If you do want to source local queens I'd suggest joining your local association.  You really need to get on the local grapevine to hear what's available and who's doing what.

----------


## croc

I have been thinking about joining Moray for while, I have been to a couple of their winter lecures and enjoyed them also Andy Watson gave me a hand inspecting my colony when I had an arm in a sling after an opertion.
By dealers I meant the various outfits advertising non imported AMM on the internet.
I don't feel too bad about the Dorset bees, (it isn't much closer than France but there is a significant bit of water where Nelson used to hang about.) If the bees were really not suited they wouldn't have done so well, but something in my gut says keep it local.

----------


## drumgerry

I used to be on the committee of Moray Beeks  - say hi to Andy for me!  I think you should follow your gut Steve!

----------


## croc

Just been having a look at their website, they were running a queen rearing course today. How's that for bad timing  :Mad:  It would have been useful.

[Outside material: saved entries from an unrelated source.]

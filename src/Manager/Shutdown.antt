-- ===== src/Manager/Shutdown.antt =====
-- `CloseAll` (internal/services/service.go).
use scuffinger.Prelude.{◌≡◌, ◌↔◌, refl, Option, none, List, [], ◌∷◌, ℕ_eq, arith, All}
use scuffinger.I18n.{Error, Messages}
use scuffinger.Manager.{Service, Manager, close_services, close_all, shutdown_error}

-- the results of closing every service in order, whatever fails
module _ {W : Type 0} where
  pub close_results : List (Service W) → W → List (Option Error)
  close_results [] w = []
  close_results (svc ∷ svcs) w = (svc.close w).0 ∷ close_results svcs (svc.close w).1

  unfoldable pub closed_world : List (Service W) → W → W
  closed_world [] w = w
  closed_world (svc ∷ svcs) w = closed_world svcs (svc.close w).1

abbrev pub Succeeds : Option Error → Type 0
Succeeds r = r ≡ none

shutdown_error-none :
    (active : Messages) (es : List Error) → (shutdown_error active es ≡ none) ↔ (es ≡ [])
unfolding shutdown_error
shutdown_error-none active [] = (λ h. refl, λ h. refl)
shutdown_error-none active (e ∷ es) = (λ h. ground arith, λ h. ground arith)

module _ {W : Type 0} (active : Messages) where
  close_services-world :
      (svcs : List (Service W)) (w : W) → (close_services active svcs w).1 ≡ closed_world svcs w
  unfolding close_services closed_world
  close_services-world [] w = refl
  close_services-world (svc ∷ svcs) w = ground (arith, close_services-world svcs (svc.close w).1)

  close_services-errors :
      (svcs : List (Service W)) (w : W)
      → ((close_services active svcs w).0 ≡ []) ↔ All Succeeds (close_results svcs w)
  unfolding close_services close_results
  close_services-errors [] w = (λ h. tt, λ h. refl)
  close_services-errors (svc ∷ svcs) w =
      let ih = close_services-errors svcs (svc.close w).1 in
      (λ h. ground (arith, ih.0), λ h. ground (arith, ih.1))

  -- `CloseAll` closes every service once, in order, also behind one that fails to close, and
  -- returns nil exactly when each of these calls succeeded.
  pub close_all-results :
      (m : Manager W) (w : W)
      → ((close_all active m w).2 ≡ closed_world m.services w)
        × (((close_all active m w).0 ≡ none) ↔ All Succeeds (close_results m.services w))
  unfolding close_all
  close_all-results m w =
      let se = shutdown_error-none active (close_services active m.services w).0 in
      let ce = close_services-errors m.services w in
      (close_services-world m.services w, (λ h. ce.0 (se.0 h), λ h. se.1 (ce.1 h)))
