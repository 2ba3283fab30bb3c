-- ===== src/Manager/Kept.antt =====
-- What every call of every service keeps, the loops of internal/services/service.go keep.
use scuffinger.Prelude.{ℕ, ◌≡◌, refl, String, Option, none, some, List, [], ◌∷◌, All, arith}
use scuffinger.Prelude.Map.{Map}
use scuffinger.I18n.{Error, Messages}
use mathlib.Core.Path.{subst}
use scuffinger.Prelude.{sym}
use scuffinger.Manager.{
  Service, ServiceStatus, Manager, Checked, connect_next, connect_all, self_test_next,
  run_self_tests, check_service, check_loop, check_health, close_all,
}
use scuffinger.Manager.Shutdown.{closed_world, close_all-results}

module _ {W : Type 0} (I : W → Type 0) where
  -- the calls of a service behind its connection
  pub record Keeps (svc : Service W) : Type 0 where
    pub self_test : (w : W) → I w → I (svc.self_test w).1
    pub ping : (w : W) → I w → I (svc.ping w).1
    pub close : (w : W) → I w → I (svc.close w).1

  module _ (active : Messages) (clock : W → ℕ) where
    self_test_next-Kept :
        (name : String)
        (rest : Map String ServiceStatus → W → Option Error × Map String ServiceStatus × W)
        (m : Map String ServiceStatus) (r : Option Error × W)
        → I r.1
        → ((m' : Map String ServiceStatus) (w : W) → I w → I (rest m' w).2)
        → I (self_test_next active clock name rest m r).2
    unfolding self_test_next
    self_test_next-Kept name rest m (none, w) i k = k _ w i
    self_test_next-Kept name rest m (some e, w) i k = i

    pub run_self_tests-Kept :
        (svcs : List (Service W)) (m : Map String ServiceStatus) (w : W)
        → All Keeps svcs
        → I w
        → I (run_self_tests active clock svcs m w).2
    unfolding run_self_tests
    run_self_tests-Kept [] m w ks i = i
    run_self_tests-Kept (svc ∷ svcs) m w (k, ks) i =
        self_test_next-Kept svc.name (run_self_tests active clock svcs) m (svc.self_test w)
          (k.self_test w i) (λ m' w' i'. run_self_tests-Kept svcs m' w' ks i')

  closed_world-Kept :
      (svcs : List (Service W)) (w : W) → All Keeps svcs → I w → I (closed_world svcs w)
  unfolding closed_world
  closed_world-Kept [] w ks i = i
  closed_world-Kept (svc ∷ svcs) w (k, ks) i =
      closed_world-Kept svcs (svc.close w).1 ks (k.close w i)

  pub close_all-Kept :
      (active : Messages) (m : Manager W) (w : W)
      → All Keeps m.services
      → I w
      → I (close_all active m w).2
  close_all-Kept active m w ks i =
      subst I (sym (close_all-results active m w).0) (closed_world-Kept m.services w ks i)

  module _ (clock : W → ℕ) where
    check_loop-Kept :
        (svcs : List (Service W)) (s : Checked W)
        → All Keeps svcs
        → I s.world
        → I (check_loop clock svcs s).world
    unfolding check_loop check_service
    check_loop-Kept [] s ks i = i
    check_loop-Kept (svc ∷ svcs) s (k, ks) i =
        check_loop-Kept svcs (check_service clock svc s) ks (k.ping s.world i)

    pub check_health-Kept :
        (svcs : List (Service W)) (s : Checked W)
        → All Keeps svcs
        → I s.world
        → I (check_health clock svcs s).world
    unfolding check_health
    check_health-Kept svcs s ks i = check_loop-Kept svcs s ks i

module _ {W : Type 0} (I J : W → Type 0) where
  -- What a connection that may have failed leaves: `J` always, and `I` if it has not.
  pub record ConnectsTo (r : Option Error × W) : Type 0 where
    pub always : J r.1
    pub unless_failed : r.0 ≡ none → I r.1

  connect_next-ConnectsTo :
      (active : Messages) (name : String) (rest : W → Option Error × W) (r : Option Error × W)
      → J r.1
      → (r.0 ≡ none → ConnectsTo (rest r.1))
      → ConnectsTo (connect_next active name rest r)
  unfolding connect_next
  connect_next-ConnectsTo active name rest (none, w) j k = k refl
  connect_next-ConnectsTo active name rest (some e, w) j k = record {
    always = j;
    unless_failed = λ h. absurd (ground arith);
  }

  -- The first service, and then the others.
  pub connect_all-ConnectsTo :
      (active : Messages) (svc : Service W) (svcs : List (Service W)) (w : W)
      → J (svc.connect w).1
      → ((svc.connect w).0 ≡ none → ConnectsTo (connect_all active svcs (svc.connect w).1))
      → ConnectsTo (connect_all active (svc ∷ svcs) w)
  unfolding connect_all
  connect_all-ConnectsTo active svc svcs w j k =
      connect_next-ConnectsTo active svc.name (connect_all active svcs) (svc.connect w) j k
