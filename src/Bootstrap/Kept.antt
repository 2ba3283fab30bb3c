-- ===== src/Bootstrap/Kept.antt =====
-- What internal/services/bootstrap.go keeps if the services do.
use scuffinger.Prelude.{
  ℕ, ◌≡◌, refl, String, Bool, true, false, Option, none, some, [], ◌∷◌, All, All-append, Bool-cases,
  inl, inr, if◌then◌else◌,
}
use scuffinger.Prelude.Map.{Map}
use scuffinger.Prelude.Result.{Result, ok, err}
use scuffinger.I18n.{Error, Messages}
use scuffinger.Config.{GithubConfig}
use scuffinger.Manager.{
  ServiceStatus, Manager, new_manager, add_service, connect_all, run_self_tests,
  start_health_checks,
}
use scuffinger.Manager.Kept.{Keeps, ConnectsTo, run_self_tests-Kept, close_all-Kept}
use scuffinger.Bootstrap.{
  BootstrapOpts, Parts, base_services, wants_collector, running, self_tested, test_all,
  collector_connected, services_connected, bootstrap_with,
}

if_holds {ℓ κ} :
    {A : Type ℓ} (P : A → Type κ) (b : Bool) {x y : A} → P x → P y → P (if b then x else y)
if_holds P true p q = p
if_holds P false p q = q

-- `J` holds throughout, and `I` from the connection of the services on.
pub record PartsKeep {W : Type 0} (I J : W → Type 0) (active : Messages) (parts : Parts W)
    (opts : BootstrapOpts) (cfg : GithubConfig) : Type 0 where
  pub weaker : (w : W) → I w → J w
  pub base : All (Keeps I) (base_services parts cfg)
  pub collector : wants_collector parts opts cfg ≡ true → Keeps I (parts.collector cfg)
  pub collector_connects : (w : W) → I w → I ((parts.collector cfg).connect w).1
  pub creates : (w : W) → I w → I (parts.create_tables w).1
  pub starts : (w : W) → I w → I (parts.start_collector w)

module _ {W : Type 0} (I J : W → Type 0) where
  abbrev pub Kept : Result Error (Manager W) × W → Type 0
  Kept (ok m, w) = All (Keeps I) m.services × I w
  Kept (err e, w) = J w

  module _ (active : Messages) (clock : W → ℕ) (parts : Parts W) (opts : BootstrapOpts)
      (cfg : GithubConfig) (keep : PartsKeep I J active parts opts cfg) where
    running-Kept :
        (m : Manager W) (w : W)
        → All (Keeps I) m.services
        → I w
        → Kept (running active clock parts opts cfg m w)
    unfolding running start_health_checks
    running-Kept m w ks i = (
      if_holds (λ (n : Manager W). All (Keeps I) n.services) _ ks ks,
      if_holds I (wants_collector parts opts cfg) (keep.starts w i) i,
    )

    self_tested-Kept :
        (m : Manager W) (r : Option Error × Map String ServiceStatus × W)
        → All (Keeps I) m.services
        → I r.2
        → Kept (self_tested active clock parts opts cfg m r)
    unfolding self_tested
    self_tested-Kept m (none, statuses, w) ks i =
        running-Kept (record m { statuses = statuses }) w ks i
    self_tested-Kept m (some e, statuses, w) ks i =
        keep.weaker _ (close_all-Kept I active (record m { statuses = statuses }) w ks i)

    test_all-Kept :
        (m : Manager W) (w : W)
        → All (Keeps I) m.services
        → I w
        → Kept (test_all active clock parts opts cfg m w)
    unfolding test_all
    test_all-Kept m w ks i =
        self_tested-Kept m (run_self_tests active clock m.services m.statuses w) ks
          (run_self_tests-Kept I active clock m.services m.statuses w ks i)

    collector_connected-Kept :
        (m : Manager W) (r : Option Error × W)
        → All (Keeps I) m.services
        → I r.1
        → Kept (collector_connected active clock parts opts cfg m r)
    unfolding collector_connected
    collector_connected-Kept m (some e, w) ks i = keep.weaker w i
    collector_connected-Kept m (none, w) ks i = test_all-Kept m w ks i

    base : Manager W
    base = new_manager (base_services parts cfg)

    services_connected-Kept :
        (r : Option Error × W)
        → ConnectsTo I J r
        → Kept (services_connected active clock parts opts cfg base r)
    unfolding services_connected base new_manager add_service
    services_connected-Kept (some e, w) c = c.always
    services_connected-Kept (none, w) c =
        let i = keep.creates w (c.unless_failed refl) in
        elim (Bool-cases (wants_collector parts opts cfg)) [
          | inl p ↦ rw p (
              collector_connected-Kept (add_service base (parts.collector cfg)) _
                (All-append (Keeps I) (base_services parts cfg) (parts.collector cfg ∷ []) keep.base
                  (keep.collector p, tt))
                (keep.collector_connects _ i))
          | inr p ↦ rw p (test_all-Kept base _ keep.base i)
        ]

    -- A bootstrap whose connections lead to `I` keeps it, and so do the services that it returns.
    pub bootstrap_with-Kept :
        (w : W)
        → ConnectsTo I J (connect_all active (base_services parts cfg) w)
        → Kept (bootstrap_with active clock parts opts cfg w)
    unfolding bootstrap_with base new_manager
    bootstrap_with-Kept w c =
        services_connected-Kept (connect_all active (base_services parts cfg) w) c
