-- ===== src/Manager/WellFormed.antt =====
-- The statuses of a manager against its services (internal/services/service.go).
use mathlib.Core.List.{append-nil, append_assoc}
use scuffinger.Prelude.{
  ℕ, String, ◌≡◌, refl, Bool, true, ◌||◌, Option, none, some, List, [], ◌∷◌, ◌++◌, ◌==◌, string_eq,
  arith, any, All, eq_self, eq_iff,
}
use scuffinger.Prelude.Map.{Map, lookup, insert, has_key, has_key-insert, IsUnique, insert-IsUnique}
use scuffinger.I18n.{Messages, Error}
use scuffinger.Manager.{
  Service, ServiceStatus, Checked, unchecked, self_test_next, register, new_manager, run_self_tests,
  check_service, check_loop, check_health,
}

module _ {W : Type 0} where
  -- a service of that name is registered
  abbrev pub has_name : String → List (Service W) → Bool
  has_name n svcs = any (λ (svc : Service W). svc.name == n) svcs

  -- The statuses have one entry for each name of a service, and no other.
  pub record IsWellFormed (svcs : List (Service W)) (m : Map String ServiceStatus) : Type 0 where
    pub unique : IsUnique m
    pub keys : (n : String) → has_key n m ≡ has_name n svcs

  -- A write for a registered service keeps it.
  pub insert-IsWellFormed :
      (svcs : List (Service W)) (m : Map String ServiceStatus) (n : String) (st : ServiceStatus)
      → has_name n svcs ≡ true
      → IsWellFormed svcs m
      → IsWellFormed svcs (insert n st m)
  insert-IsWellFormed svcs m n st h wf = record {
    unique = insert-IsUnique n st m wf.unique;
    keys = λ k. ground (arith, has_key-insert n k st m, eq_iff n k, wf.keys k);
  }

  has_name-append :
      (n : String) (xs ys : List (Service W))
      → has_name n (xs ++ ys) ≡ (has_name n xs || has_name n ys)
  has_name-append n [] ys = refl
  has_name-append n (x ∷ xs) ys = ground (arith, has_name-append n xs ys)

  pub add-IsWellFormed :
      (svcs : List (Service W)) (svc : Service W) (m : Map String ServiceStatus)
      (st : ServiceStatus)
      → IsWellFormed svcs m
      → IsWellFormed (svcs ++ svc ∷ []) (insert svc.name st m)
  add-IsWellFormed svcs svc m st wf = record {
    unique = insert-IsUnique svc.name st m wf.unique;
    keys = λ k.
        ground
          (arith, has_key-insert svc.name k st m, has_name-append k svcs (svc ∷ []), wf.keys k);
  }

  -- `register` adds the names of its services to the keys.
  register-IsWellFormed :
      (xs ys : List (Service W)) (m : Map String ServiceStatus)
      → IsWellFormed xs m
      → IsWellFormed (xs ++ ys) (register ys m)
  unfolding register
  register-IsWellFormed xs [] m wf = rw append-nil wf
  register-IsWellFormed xs (y ∷ ys) m wf = rw (append_assoc xs (y ∷ []) ys) at (
      register-IsWellFormed (xs ++ y ∷ []) ys (insert y.name unchecked m)
        (add-IsWellFormed xs y m unchecked wf))

  pub new_manager-IsWellFormed :
      (svcs : List (Service W)) → IsWellFormed svcs (new_manager svcs).statuses
  unfolding new_manager
  new_manager-IsWellFormed svcs =
      register-IsWellFormed [] svcs [] (record { unique = tt; keys = λ n. unfold lookup in refl })

  -- Every service of `ys` is registered in `svcs`.
  abbrev pub Within : List (Service W) → List (Service W) → Type 0
  Within svcs ys = All (λ (svc : Service W). has_name svc.name svcs ≡ true) ys

  Within-append : (xs ys : List (Service W)) → Within (xs ++ ys) ys
  Within-append xs [] = tt
  Within-append xs (y ∷ ys) = (
    ground (arith, has_name-append y.name xs (y ∷ ys), eq_self y.name),
    rw (append_assoc xs (y ∷ []) ys) at (Within-append (xs ++ y ∷ []) ys),
  )

  pub Within-self : (svcs : List (Service W)) → Within svcs svcs
  Within-self svcs = Within-append [] svcs

module _ {W : Type 0} (active : Messages) (clock : W → ℕ) (svcs : List (Service W)) where
  -- One round keeps it if the rest of the loop does.
  self_test_next-IsWellFormed :
      (y : Service W) (m : Map String ServiceStatus)
      (rest : Map String ServiceStatus → W → Option Error × Map String ServiceStatus × W)
      (r : Option Error × W)
      → has_name y.name svcs ≡ true
      → IsWellFormed svcs m
      → ((m' : Map String ServiceStatus) (w : W)
          → IsWellFormed svcs m'
          → IsWellFormed svcs (rest m' w).1)
      → IsWellFormed svcs (self_test_next active clock y.name rest m r).1
  unfolding self_test_next
  self_test_next-IsWellFormed y m rest (none, w) h wf k =
      k _ w (insert-IsWellFormed svcs m y.name _ h wf)
  self_test_next-IsWellFormed y m rest (some e, w) h wf k = insert-IsWellFormed svcs m y.name _ h wf

  run_self_tests-IsWellFormed_on :
      (ys : List (Service W)) (m : Map String ServiceStatus) (w : W)
      → Within svcs ys
      → IsWellFormed svcs m
      → IsWellFormed svcs (run_self_tests active clock ys m w).1
  unfolding run_self_tests
  run_self_tests-IsWellFormed_on [] m w h wf = wf
  run_self_tests-IsWellFormed_on (y ∷ ys) m w (h, hs) wf =
      self_test_next-IsWellFormed y m (run_self_tests active clock ys) (y.self_test w) h wf
        (λ m' w' wf'. run_self_tests-IsWellFormed_on ys m' w' hs wf')

  pub run_self_tests-IsWellFormed :
      (m : Map String ServiceStatus) (w : W)
      → IsWellFormed svcs m
      → IsWellFormed svcs (run_self_tests active clock svcs m w).1
  run_self_tests-IsWellFormed m w wf = run_self_tests-IsWellFormed_on svcs m w (Within-self svcs) wf

module _ {W : Type 0} (clock : W → ℕ) (svcs : List (Service W)) where
  pub check_loop-IsWellFormed :
      (ys : List (Service W)) (s : Checked W)
      → Within svcs ys
      → IsWellFormed svcs s.statuses
      → IsWellFormed svcs (check_loop clock ys s).statuses
  unfolding check_loop check_service
  check_loop-IsWellFormed [] s h wf = wf
  check_loop-IsWellFormed (y ∷ ys) s (h, hs) wf =
      check_loop-IsWellFormed ys (check_service clock y s) hs
        (insert-IsWellFormed svcs s.statuses y.name _ h wf)

  pub check_health-IsWellFormed :
      (s : Checked W)
      → IsWellFormed svcs s.statuses
      → IsWellFormed svcs (check_health clock svcs s).statuses
  unfolding check_health
  check_health-IsWellFormed s wf = check_loop-IsWellFormed svcs s (Within-self svcs) wf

Although I suppose it does increase the chance of a few queens becoming avilable.

----------


## drumgerry

Just work your way through some of the info on the forum Steve  - plenty here to get you started.  Not sure if Moray is as keen on local/AMM queens as you might hope.  I've been away from them a couple of years so not sure how the land lies.

----------


## croc

I will see what I can find out, thanks.

----------


## Jon

This is definitely the best forum to keep checking if you are interested in bee breeding and native queens.

----------